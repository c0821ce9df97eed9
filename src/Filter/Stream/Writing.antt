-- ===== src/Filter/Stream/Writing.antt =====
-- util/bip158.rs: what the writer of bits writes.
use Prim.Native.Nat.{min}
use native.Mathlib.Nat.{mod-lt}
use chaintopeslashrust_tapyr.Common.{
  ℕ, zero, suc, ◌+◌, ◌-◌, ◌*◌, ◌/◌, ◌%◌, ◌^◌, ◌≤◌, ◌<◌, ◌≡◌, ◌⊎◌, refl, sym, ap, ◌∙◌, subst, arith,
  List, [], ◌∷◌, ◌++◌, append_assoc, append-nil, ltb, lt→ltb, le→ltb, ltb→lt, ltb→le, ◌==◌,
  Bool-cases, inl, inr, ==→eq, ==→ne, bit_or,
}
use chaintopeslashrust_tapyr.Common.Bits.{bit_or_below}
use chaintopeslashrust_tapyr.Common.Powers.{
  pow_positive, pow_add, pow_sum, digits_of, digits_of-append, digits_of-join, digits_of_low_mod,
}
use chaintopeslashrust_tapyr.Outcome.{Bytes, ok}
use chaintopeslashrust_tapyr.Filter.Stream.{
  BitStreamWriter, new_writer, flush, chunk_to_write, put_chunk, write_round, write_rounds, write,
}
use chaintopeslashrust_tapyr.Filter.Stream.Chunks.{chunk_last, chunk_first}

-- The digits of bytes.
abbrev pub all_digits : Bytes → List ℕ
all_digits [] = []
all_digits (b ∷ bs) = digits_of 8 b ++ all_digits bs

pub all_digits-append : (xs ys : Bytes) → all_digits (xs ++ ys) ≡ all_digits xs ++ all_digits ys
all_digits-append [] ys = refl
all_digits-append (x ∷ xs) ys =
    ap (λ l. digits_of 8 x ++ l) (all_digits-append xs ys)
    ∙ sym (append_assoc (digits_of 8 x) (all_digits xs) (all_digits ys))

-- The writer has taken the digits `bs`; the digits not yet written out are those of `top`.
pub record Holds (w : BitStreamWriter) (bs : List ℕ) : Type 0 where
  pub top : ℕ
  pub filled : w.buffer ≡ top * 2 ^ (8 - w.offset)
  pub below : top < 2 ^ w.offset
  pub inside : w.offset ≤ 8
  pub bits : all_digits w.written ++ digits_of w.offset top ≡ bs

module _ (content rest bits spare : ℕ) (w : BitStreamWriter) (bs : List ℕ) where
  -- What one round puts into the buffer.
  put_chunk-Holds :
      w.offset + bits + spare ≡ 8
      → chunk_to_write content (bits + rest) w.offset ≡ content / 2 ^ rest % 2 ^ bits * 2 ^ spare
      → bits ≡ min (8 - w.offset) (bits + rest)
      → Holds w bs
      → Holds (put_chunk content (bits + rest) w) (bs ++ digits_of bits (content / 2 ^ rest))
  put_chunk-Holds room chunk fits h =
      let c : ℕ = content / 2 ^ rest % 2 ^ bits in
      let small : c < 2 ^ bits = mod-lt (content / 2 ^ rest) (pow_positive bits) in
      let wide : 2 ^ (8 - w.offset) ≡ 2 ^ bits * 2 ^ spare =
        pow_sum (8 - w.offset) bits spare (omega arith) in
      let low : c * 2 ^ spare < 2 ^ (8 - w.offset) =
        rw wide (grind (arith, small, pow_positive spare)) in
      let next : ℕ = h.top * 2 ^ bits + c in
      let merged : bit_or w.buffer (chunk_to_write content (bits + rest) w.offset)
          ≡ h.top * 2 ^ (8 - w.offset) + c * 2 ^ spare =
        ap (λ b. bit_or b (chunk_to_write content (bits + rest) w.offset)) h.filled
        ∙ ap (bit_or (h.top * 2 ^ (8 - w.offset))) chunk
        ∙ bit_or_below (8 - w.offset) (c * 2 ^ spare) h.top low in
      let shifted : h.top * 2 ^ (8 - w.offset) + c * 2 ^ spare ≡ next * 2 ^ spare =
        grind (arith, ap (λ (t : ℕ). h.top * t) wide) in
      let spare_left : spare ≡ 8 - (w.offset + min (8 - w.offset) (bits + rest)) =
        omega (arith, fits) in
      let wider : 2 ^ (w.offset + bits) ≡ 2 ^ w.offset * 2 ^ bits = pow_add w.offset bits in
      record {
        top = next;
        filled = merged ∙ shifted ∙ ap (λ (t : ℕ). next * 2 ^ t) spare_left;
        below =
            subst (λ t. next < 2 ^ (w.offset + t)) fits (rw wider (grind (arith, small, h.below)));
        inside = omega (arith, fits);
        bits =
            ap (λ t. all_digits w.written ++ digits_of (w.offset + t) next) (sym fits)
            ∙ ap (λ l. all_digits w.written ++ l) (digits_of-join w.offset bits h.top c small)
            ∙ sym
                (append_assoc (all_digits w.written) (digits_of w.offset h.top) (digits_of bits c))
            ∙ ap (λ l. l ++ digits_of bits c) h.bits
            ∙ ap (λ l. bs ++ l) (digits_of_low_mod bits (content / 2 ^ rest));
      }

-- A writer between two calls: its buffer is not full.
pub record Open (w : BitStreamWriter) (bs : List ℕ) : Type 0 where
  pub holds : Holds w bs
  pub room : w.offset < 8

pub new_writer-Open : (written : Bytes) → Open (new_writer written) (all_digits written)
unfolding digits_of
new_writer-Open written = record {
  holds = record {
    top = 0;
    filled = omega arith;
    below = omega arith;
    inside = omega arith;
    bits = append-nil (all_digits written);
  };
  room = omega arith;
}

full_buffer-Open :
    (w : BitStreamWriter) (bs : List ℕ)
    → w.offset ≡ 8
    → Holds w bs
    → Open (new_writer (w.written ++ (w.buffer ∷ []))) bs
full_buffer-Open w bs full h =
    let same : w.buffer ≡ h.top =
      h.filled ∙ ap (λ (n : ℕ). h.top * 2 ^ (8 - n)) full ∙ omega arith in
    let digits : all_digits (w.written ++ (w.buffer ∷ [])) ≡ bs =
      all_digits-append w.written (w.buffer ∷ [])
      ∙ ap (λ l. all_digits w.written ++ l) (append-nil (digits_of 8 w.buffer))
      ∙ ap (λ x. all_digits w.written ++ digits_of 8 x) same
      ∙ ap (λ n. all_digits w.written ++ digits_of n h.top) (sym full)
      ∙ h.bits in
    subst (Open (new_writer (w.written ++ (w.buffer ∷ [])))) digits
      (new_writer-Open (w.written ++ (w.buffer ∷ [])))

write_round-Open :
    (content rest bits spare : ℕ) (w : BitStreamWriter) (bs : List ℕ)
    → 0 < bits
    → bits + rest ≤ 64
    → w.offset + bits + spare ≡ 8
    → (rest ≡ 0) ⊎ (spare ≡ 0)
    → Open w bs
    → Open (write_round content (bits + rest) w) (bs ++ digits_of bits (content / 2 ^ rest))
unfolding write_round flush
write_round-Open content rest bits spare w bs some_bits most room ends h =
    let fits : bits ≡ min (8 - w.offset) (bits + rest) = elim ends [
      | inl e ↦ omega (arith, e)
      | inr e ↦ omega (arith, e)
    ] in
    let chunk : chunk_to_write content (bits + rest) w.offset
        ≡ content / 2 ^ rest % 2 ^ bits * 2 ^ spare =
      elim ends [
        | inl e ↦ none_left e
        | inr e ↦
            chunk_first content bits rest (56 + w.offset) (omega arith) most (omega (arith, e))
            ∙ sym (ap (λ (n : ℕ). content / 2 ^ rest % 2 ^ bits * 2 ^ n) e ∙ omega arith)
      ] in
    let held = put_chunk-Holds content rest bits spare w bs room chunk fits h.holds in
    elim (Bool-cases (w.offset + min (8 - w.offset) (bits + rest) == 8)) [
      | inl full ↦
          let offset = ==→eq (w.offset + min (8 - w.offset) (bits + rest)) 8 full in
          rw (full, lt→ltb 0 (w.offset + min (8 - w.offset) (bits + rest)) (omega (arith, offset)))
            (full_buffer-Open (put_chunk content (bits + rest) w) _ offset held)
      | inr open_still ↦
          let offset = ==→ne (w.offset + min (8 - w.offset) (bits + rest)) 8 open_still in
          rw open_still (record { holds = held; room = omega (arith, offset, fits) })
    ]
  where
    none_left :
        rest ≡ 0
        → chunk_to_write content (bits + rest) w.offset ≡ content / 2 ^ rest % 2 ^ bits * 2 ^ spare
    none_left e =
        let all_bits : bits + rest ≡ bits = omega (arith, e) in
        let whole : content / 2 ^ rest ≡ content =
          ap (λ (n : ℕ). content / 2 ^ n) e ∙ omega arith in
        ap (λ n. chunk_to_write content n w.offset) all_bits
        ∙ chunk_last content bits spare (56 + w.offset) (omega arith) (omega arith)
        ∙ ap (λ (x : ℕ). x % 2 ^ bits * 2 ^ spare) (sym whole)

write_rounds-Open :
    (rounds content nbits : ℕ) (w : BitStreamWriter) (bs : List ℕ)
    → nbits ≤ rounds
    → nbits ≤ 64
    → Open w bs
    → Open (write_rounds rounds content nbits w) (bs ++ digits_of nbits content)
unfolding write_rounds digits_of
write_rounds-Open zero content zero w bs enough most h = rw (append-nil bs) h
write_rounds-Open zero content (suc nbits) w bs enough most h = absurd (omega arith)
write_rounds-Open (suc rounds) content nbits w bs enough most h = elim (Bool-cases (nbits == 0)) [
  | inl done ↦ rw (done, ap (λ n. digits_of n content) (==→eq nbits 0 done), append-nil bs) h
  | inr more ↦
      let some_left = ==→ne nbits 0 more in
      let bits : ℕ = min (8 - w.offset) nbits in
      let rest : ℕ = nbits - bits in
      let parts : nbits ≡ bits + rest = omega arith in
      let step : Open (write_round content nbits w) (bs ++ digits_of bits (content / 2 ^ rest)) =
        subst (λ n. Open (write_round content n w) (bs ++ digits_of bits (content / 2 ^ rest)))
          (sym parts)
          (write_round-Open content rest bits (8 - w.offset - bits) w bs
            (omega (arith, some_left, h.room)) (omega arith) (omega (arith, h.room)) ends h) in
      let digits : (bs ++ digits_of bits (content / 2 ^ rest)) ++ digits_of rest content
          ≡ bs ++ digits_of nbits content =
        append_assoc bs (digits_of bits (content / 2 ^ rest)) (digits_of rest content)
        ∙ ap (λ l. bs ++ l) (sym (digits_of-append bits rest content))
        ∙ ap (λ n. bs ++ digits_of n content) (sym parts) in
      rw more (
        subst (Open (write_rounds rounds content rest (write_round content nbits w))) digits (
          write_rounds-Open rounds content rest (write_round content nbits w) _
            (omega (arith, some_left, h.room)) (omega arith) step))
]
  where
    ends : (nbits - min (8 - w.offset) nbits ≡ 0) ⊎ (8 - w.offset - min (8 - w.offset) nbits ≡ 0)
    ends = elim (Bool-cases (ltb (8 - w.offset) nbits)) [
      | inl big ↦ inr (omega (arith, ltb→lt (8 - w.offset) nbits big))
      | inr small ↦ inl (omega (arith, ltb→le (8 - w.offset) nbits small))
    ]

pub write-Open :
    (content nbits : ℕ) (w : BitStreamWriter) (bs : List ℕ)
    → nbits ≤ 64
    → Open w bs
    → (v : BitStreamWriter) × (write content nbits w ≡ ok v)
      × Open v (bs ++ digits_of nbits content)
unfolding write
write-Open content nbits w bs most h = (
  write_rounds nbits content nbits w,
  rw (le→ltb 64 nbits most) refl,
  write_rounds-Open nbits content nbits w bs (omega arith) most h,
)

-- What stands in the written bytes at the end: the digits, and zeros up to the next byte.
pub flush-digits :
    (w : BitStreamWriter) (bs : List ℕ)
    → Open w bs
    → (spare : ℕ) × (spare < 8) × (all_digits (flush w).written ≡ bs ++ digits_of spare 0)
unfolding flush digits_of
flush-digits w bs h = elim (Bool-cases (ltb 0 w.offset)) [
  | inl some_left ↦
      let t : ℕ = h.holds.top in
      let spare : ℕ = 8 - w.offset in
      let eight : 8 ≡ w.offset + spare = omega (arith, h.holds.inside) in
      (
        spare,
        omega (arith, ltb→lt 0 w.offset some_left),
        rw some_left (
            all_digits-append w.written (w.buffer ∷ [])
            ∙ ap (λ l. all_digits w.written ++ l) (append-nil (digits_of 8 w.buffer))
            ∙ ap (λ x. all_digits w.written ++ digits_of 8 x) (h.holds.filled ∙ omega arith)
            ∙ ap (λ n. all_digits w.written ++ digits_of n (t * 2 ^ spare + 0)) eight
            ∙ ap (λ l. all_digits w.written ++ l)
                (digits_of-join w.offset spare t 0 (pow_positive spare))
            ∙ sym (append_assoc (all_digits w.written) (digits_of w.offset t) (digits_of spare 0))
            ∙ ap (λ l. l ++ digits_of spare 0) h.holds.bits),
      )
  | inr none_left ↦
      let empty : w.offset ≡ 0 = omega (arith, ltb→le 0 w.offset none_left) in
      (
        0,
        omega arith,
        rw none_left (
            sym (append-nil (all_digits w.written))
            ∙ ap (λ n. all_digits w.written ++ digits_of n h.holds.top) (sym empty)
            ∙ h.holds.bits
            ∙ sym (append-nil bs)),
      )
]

--

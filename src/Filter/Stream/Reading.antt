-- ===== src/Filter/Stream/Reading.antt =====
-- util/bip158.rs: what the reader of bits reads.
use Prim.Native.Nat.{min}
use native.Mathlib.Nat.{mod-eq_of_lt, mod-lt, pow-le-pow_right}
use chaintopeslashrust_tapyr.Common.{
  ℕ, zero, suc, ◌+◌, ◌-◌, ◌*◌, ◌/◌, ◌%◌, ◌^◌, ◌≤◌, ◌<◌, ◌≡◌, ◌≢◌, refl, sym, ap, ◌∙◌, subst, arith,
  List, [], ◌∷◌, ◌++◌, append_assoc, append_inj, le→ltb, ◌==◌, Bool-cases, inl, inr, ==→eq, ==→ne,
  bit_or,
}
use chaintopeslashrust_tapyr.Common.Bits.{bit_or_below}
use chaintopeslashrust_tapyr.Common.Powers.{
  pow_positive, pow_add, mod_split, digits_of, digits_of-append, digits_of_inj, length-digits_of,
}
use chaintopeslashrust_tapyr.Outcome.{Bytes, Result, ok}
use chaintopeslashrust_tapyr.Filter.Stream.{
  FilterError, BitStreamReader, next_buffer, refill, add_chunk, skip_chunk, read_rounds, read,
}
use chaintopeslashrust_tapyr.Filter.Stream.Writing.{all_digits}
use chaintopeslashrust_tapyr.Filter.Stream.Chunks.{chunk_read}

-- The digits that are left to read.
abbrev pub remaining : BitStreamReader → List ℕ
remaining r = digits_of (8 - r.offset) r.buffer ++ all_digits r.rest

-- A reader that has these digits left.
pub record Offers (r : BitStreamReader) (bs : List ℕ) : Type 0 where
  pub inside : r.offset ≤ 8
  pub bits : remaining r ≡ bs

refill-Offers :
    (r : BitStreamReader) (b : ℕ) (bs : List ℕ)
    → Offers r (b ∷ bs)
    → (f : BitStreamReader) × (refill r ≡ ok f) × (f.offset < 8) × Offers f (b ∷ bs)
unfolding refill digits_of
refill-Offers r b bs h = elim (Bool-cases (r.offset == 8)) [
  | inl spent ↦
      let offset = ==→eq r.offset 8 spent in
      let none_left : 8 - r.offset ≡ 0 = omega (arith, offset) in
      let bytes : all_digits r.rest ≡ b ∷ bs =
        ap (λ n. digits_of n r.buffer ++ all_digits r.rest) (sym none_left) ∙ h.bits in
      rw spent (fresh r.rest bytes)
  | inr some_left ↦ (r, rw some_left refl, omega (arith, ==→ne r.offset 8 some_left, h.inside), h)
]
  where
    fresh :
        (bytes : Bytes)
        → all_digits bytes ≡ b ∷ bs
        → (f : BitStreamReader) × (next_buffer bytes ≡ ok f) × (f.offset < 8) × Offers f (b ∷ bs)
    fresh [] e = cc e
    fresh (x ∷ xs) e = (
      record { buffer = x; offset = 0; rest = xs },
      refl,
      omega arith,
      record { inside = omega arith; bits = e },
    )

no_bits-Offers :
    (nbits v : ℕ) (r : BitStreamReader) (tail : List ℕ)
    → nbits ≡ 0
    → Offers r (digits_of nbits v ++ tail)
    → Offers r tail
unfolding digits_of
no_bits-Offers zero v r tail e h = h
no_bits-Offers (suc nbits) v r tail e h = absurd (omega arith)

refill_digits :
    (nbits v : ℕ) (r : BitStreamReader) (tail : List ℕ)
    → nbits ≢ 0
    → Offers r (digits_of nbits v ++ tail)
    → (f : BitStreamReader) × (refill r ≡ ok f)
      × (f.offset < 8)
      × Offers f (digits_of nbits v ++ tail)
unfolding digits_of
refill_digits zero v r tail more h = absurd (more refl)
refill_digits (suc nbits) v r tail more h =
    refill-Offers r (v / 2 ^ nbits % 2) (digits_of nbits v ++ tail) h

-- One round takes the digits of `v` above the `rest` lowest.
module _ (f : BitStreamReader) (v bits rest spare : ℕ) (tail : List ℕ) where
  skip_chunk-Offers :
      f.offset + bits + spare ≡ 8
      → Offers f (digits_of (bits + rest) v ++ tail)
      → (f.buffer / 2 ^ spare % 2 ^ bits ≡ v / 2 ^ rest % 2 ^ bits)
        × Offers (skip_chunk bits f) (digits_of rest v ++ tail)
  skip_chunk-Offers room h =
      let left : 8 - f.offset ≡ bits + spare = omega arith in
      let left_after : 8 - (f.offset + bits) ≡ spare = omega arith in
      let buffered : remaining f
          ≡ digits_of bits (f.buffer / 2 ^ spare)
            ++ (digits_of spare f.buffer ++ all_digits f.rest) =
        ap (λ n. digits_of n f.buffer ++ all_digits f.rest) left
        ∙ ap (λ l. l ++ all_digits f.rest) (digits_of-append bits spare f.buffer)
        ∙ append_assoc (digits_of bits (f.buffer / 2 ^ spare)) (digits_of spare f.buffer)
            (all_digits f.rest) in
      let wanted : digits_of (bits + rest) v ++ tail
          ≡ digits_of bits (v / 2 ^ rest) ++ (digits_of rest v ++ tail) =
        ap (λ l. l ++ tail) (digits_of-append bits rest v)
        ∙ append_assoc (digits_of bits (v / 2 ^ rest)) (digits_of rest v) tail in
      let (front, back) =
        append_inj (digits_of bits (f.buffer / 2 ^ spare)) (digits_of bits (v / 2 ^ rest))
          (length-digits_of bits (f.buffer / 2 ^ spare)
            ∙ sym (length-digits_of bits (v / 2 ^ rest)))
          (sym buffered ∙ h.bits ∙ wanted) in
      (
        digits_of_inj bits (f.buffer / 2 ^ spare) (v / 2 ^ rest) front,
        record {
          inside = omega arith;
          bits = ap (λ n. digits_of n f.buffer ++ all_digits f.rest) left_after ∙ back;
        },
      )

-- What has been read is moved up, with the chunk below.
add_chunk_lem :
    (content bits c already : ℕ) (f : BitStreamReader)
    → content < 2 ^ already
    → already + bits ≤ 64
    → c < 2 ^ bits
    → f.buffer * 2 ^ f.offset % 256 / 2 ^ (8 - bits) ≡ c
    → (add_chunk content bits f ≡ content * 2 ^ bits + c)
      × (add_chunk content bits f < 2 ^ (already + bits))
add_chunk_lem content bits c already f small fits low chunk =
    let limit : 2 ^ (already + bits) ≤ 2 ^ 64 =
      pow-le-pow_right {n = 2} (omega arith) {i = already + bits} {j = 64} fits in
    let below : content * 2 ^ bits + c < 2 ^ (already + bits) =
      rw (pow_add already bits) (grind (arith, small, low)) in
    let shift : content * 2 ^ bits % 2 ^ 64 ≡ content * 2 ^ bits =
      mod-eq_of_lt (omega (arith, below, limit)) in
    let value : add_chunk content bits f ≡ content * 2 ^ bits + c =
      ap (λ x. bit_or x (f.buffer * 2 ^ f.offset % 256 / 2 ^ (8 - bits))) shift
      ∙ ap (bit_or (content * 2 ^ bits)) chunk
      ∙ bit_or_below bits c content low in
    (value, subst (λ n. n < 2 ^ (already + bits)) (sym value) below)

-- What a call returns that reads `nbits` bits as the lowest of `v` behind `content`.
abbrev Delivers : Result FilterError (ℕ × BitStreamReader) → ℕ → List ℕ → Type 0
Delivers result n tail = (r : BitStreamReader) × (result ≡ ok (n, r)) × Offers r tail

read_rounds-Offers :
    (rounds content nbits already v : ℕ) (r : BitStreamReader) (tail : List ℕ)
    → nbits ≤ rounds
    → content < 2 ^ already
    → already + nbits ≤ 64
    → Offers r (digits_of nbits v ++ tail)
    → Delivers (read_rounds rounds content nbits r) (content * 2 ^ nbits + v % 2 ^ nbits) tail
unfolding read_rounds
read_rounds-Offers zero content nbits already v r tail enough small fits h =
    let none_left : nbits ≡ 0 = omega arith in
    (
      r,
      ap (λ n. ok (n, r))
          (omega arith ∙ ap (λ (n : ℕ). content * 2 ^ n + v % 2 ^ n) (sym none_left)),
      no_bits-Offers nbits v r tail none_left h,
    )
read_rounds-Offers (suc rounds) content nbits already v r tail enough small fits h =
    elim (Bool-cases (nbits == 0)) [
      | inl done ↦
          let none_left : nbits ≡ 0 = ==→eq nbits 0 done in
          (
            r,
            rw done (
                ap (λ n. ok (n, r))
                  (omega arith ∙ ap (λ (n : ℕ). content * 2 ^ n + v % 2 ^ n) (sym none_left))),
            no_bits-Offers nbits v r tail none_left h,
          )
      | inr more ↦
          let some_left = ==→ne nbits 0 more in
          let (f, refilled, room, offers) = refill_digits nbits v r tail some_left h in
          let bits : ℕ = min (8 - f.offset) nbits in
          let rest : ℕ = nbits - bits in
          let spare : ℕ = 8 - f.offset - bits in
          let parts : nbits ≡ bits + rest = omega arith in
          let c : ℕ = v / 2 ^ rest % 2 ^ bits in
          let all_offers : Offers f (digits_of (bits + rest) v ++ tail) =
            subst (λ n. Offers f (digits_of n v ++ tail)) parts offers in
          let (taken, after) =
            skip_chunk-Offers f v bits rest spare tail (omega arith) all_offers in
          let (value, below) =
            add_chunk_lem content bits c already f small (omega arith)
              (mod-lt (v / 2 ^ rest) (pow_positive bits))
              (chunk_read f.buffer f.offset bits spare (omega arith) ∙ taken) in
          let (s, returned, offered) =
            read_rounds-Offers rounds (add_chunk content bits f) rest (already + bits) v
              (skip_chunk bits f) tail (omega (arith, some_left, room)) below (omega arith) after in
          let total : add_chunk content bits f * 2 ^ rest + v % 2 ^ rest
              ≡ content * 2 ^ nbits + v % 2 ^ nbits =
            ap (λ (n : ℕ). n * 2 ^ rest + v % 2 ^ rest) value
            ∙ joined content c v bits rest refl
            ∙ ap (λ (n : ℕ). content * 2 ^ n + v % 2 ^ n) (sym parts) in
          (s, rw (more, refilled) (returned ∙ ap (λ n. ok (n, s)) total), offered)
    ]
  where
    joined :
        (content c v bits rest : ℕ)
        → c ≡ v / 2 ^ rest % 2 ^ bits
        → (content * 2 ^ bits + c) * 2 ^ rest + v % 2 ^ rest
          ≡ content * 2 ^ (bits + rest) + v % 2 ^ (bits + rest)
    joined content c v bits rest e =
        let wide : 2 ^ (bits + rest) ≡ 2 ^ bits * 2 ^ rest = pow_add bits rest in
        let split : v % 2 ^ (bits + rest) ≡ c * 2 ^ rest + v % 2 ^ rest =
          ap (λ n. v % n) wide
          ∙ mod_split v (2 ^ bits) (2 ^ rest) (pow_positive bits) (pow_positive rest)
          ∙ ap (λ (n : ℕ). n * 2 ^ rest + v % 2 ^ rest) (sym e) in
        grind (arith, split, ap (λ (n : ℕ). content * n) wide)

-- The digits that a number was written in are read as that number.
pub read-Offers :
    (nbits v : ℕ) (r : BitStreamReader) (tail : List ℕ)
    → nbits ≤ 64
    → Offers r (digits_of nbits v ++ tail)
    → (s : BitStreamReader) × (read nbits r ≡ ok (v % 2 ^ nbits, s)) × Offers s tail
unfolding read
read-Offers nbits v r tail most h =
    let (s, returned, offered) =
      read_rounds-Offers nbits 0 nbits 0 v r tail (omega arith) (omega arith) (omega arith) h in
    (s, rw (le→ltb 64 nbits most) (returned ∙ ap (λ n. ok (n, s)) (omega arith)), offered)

* _Exercise directions_
Make a copy of each line in the records above that has the word "more".

* _Output below_
  | inr more ↦
      let some_left = ==→ne nbits 0 more in
      rw more (
refill_digits zero v r tail more h = absurd (more refl)
refill_digits (suc nbits) v r tail more h =
      | inr more ↦
          let some_left = ==→ne nbits 0 more in
          (s, rw (more, refilled) (returned ∙ ap (λ n. ok (n, s)) total), offered)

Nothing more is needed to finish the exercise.